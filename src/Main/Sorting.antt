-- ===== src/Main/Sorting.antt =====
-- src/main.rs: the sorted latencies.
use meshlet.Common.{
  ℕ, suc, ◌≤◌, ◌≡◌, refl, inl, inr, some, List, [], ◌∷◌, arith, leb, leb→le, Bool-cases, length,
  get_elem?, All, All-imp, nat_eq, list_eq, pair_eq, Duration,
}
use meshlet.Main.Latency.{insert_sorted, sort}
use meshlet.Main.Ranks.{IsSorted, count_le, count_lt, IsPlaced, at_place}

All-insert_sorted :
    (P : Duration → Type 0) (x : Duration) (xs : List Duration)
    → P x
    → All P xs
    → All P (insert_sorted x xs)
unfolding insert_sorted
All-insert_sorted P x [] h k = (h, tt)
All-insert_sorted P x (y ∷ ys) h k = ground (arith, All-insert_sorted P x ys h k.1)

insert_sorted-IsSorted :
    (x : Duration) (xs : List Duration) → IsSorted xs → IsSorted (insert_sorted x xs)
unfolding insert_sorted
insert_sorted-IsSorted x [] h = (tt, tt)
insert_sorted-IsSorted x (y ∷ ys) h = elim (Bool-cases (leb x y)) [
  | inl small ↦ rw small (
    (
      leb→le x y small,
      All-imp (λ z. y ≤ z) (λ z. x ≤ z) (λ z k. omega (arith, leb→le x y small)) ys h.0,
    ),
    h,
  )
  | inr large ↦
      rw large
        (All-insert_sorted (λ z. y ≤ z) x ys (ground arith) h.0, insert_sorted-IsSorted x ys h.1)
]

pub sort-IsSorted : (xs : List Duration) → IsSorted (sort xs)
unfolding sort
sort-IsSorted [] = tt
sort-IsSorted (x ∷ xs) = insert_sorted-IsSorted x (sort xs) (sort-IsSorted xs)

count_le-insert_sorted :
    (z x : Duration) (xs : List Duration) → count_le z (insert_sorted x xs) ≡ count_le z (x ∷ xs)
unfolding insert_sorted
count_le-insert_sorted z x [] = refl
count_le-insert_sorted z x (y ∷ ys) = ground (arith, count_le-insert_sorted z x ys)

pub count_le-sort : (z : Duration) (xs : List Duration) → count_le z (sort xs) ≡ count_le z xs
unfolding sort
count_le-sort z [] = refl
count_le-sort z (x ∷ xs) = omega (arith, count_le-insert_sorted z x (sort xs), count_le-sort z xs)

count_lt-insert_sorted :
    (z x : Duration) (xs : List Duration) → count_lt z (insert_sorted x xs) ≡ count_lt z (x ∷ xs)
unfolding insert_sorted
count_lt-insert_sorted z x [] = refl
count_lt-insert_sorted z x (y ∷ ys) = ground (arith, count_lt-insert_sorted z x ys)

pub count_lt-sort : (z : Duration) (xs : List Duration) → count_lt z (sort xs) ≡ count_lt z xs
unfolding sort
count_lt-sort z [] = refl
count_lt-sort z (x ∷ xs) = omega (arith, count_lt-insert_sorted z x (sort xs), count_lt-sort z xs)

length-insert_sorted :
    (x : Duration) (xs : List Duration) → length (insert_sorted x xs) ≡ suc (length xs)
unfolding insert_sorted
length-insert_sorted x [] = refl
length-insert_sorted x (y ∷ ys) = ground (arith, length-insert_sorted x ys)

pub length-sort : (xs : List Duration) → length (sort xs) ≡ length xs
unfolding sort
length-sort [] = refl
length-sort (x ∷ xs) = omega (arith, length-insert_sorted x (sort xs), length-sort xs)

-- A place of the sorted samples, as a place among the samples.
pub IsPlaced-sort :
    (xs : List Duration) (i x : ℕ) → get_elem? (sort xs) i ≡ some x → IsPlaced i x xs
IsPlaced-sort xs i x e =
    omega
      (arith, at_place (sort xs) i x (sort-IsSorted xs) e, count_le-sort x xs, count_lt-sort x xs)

=-=-=

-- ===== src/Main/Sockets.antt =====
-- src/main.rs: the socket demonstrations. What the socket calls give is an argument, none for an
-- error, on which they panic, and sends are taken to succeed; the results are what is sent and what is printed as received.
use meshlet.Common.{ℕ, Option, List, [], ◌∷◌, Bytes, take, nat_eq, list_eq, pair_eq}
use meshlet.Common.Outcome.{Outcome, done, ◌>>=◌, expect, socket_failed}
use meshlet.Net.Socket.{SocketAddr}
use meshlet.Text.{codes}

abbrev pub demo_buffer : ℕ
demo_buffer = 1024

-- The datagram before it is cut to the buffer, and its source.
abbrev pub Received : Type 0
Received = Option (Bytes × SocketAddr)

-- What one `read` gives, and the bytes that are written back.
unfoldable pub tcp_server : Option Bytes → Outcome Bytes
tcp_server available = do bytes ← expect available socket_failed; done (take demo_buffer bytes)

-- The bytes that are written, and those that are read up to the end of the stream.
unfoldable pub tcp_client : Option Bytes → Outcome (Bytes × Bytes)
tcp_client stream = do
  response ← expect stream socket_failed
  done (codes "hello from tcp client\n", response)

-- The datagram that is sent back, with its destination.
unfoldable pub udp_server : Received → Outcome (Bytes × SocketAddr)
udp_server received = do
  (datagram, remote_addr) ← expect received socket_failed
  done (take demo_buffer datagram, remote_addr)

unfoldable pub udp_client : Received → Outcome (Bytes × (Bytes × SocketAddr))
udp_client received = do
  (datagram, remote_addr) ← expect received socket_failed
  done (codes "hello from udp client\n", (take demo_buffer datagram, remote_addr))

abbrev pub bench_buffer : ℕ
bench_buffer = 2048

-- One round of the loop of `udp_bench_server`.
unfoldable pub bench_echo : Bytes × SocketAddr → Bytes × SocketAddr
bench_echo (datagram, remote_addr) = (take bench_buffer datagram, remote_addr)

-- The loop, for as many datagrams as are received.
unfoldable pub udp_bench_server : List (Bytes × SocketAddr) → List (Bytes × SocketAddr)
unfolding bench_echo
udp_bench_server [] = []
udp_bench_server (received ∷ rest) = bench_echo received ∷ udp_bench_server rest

=-=-=

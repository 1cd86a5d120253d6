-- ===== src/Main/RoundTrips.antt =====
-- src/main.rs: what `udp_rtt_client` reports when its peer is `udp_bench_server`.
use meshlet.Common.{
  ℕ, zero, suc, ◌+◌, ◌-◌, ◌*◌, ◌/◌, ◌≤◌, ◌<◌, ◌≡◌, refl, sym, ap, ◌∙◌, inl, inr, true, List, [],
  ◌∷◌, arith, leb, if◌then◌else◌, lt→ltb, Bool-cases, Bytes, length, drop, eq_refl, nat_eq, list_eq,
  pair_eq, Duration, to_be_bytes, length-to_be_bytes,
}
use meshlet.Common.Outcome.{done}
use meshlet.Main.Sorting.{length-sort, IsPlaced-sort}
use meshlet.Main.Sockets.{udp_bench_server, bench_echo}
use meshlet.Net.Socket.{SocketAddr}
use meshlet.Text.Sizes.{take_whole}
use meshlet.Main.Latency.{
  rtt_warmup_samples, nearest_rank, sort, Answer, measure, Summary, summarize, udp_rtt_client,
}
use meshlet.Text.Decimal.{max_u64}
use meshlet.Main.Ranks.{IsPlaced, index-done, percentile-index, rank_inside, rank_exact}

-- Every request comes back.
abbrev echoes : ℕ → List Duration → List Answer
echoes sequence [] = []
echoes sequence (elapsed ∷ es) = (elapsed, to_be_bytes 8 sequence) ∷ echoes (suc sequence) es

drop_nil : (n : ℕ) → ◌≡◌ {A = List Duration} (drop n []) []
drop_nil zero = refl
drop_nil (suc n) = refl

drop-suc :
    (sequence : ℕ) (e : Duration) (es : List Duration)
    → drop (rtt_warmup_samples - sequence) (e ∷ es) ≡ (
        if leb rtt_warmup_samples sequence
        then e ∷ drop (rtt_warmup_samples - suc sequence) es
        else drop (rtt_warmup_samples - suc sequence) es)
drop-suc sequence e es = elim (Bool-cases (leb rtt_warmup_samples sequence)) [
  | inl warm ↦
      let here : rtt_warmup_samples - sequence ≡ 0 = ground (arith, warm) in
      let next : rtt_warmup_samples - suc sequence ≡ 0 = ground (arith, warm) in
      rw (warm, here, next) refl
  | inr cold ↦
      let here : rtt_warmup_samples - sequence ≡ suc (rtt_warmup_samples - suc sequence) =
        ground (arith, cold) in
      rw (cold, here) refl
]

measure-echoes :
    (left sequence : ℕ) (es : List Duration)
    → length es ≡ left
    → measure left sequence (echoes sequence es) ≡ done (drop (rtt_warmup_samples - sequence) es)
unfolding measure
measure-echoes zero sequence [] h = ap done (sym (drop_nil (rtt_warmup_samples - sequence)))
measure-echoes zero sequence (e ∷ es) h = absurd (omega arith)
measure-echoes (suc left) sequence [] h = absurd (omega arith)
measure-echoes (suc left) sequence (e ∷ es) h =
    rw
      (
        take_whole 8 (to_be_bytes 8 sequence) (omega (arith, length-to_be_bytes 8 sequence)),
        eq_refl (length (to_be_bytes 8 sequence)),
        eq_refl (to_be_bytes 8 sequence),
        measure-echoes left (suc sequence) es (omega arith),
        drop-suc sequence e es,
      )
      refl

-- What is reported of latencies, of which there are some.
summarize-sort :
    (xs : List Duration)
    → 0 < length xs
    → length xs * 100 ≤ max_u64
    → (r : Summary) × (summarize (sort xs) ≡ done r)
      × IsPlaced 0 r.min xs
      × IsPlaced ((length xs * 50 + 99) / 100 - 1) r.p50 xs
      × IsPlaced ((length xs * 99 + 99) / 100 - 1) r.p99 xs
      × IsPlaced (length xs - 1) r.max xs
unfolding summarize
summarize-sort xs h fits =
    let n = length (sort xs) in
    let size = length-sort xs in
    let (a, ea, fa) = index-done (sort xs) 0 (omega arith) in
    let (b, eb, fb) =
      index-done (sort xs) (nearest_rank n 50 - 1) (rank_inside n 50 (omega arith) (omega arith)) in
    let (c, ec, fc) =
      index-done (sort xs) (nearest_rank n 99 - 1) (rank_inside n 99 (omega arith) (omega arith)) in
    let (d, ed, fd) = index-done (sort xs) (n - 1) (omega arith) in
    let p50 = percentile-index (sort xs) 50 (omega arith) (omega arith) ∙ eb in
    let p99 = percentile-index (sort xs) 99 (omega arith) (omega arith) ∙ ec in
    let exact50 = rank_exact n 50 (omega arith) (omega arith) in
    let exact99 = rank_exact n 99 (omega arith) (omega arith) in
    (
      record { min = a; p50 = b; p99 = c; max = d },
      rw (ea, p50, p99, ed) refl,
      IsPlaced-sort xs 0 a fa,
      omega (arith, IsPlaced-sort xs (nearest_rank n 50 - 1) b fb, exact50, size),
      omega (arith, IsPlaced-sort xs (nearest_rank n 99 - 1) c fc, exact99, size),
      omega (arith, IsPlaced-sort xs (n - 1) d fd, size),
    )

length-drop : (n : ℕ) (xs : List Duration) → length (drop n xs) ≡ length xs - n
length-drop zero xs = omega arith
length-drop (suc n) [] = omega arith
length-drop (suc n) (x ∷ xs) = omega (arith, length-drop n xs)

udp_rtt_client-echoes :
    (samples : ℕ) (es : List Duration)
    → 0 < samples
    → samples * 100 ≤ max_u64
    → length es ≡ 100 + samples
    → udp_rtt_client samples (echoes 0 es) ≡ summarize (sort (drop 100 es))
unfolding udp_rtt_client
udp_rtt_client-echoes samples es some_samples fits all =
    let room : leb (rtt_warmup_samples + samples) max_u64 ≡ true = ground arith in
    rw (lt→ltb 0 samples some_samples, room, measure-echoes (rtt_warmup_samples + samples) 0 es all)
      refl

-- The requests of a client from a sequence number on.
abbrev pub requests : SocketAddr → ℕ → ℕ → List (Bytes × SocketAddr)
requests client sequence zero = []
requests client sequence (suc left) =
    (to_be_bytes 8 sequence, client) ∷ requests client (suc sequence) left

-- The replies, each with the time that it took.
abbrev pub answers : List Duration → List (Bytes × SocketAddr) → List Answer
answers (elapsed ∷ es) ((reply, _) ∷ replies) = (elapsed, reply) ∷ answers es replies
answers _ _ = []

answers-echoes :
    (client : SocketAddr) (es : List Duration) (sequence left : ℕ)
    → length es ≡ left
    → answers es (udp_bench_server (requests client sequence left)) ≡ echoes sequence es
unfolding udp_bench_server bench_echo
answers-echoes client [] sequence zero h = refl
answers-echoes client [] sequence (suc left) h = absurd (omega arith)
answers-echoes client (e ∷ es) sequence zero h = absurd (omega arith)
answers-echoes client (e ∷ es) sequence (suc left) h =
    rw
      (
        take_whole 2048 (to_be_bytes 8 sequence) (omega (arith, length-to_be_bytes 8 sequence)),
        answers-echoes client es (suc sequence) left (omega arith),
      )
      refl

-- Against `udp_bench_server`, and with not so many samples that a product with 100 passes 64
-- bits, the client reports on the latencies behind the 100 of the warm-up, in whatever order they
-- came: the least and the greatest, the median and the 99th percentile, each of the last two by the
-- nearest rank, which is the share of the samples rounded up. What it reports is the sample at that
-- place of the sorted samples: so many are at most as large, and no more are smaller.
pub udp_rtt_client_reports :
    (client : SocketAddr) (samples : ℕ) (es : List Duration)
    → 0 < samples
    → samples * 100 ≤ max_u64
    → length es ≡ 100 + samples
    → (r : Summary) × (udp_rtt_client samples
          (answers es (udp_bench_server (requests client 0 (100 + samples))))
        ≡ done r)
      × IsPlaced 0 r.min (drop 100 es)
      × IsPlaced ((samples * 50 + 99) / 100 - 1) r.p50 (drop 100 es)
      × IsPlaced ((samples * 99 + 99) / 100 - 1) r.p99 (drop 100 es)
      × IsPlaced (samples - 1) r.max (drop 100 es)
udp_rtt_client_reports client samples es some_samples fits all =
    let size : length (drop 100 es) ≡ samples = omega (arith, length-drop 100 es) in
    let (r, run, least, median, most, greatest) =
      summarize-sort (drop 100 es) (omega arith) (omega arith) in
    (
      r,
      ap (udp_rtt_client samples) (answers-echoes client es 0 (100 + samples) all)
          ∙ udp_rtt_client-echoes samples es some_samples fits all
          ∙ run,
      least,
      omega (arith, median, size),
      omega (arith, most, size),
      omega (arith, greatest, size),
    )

=-=-=

For the entries above, count the lines that contain the string "greatest", and state that number without further comment.

3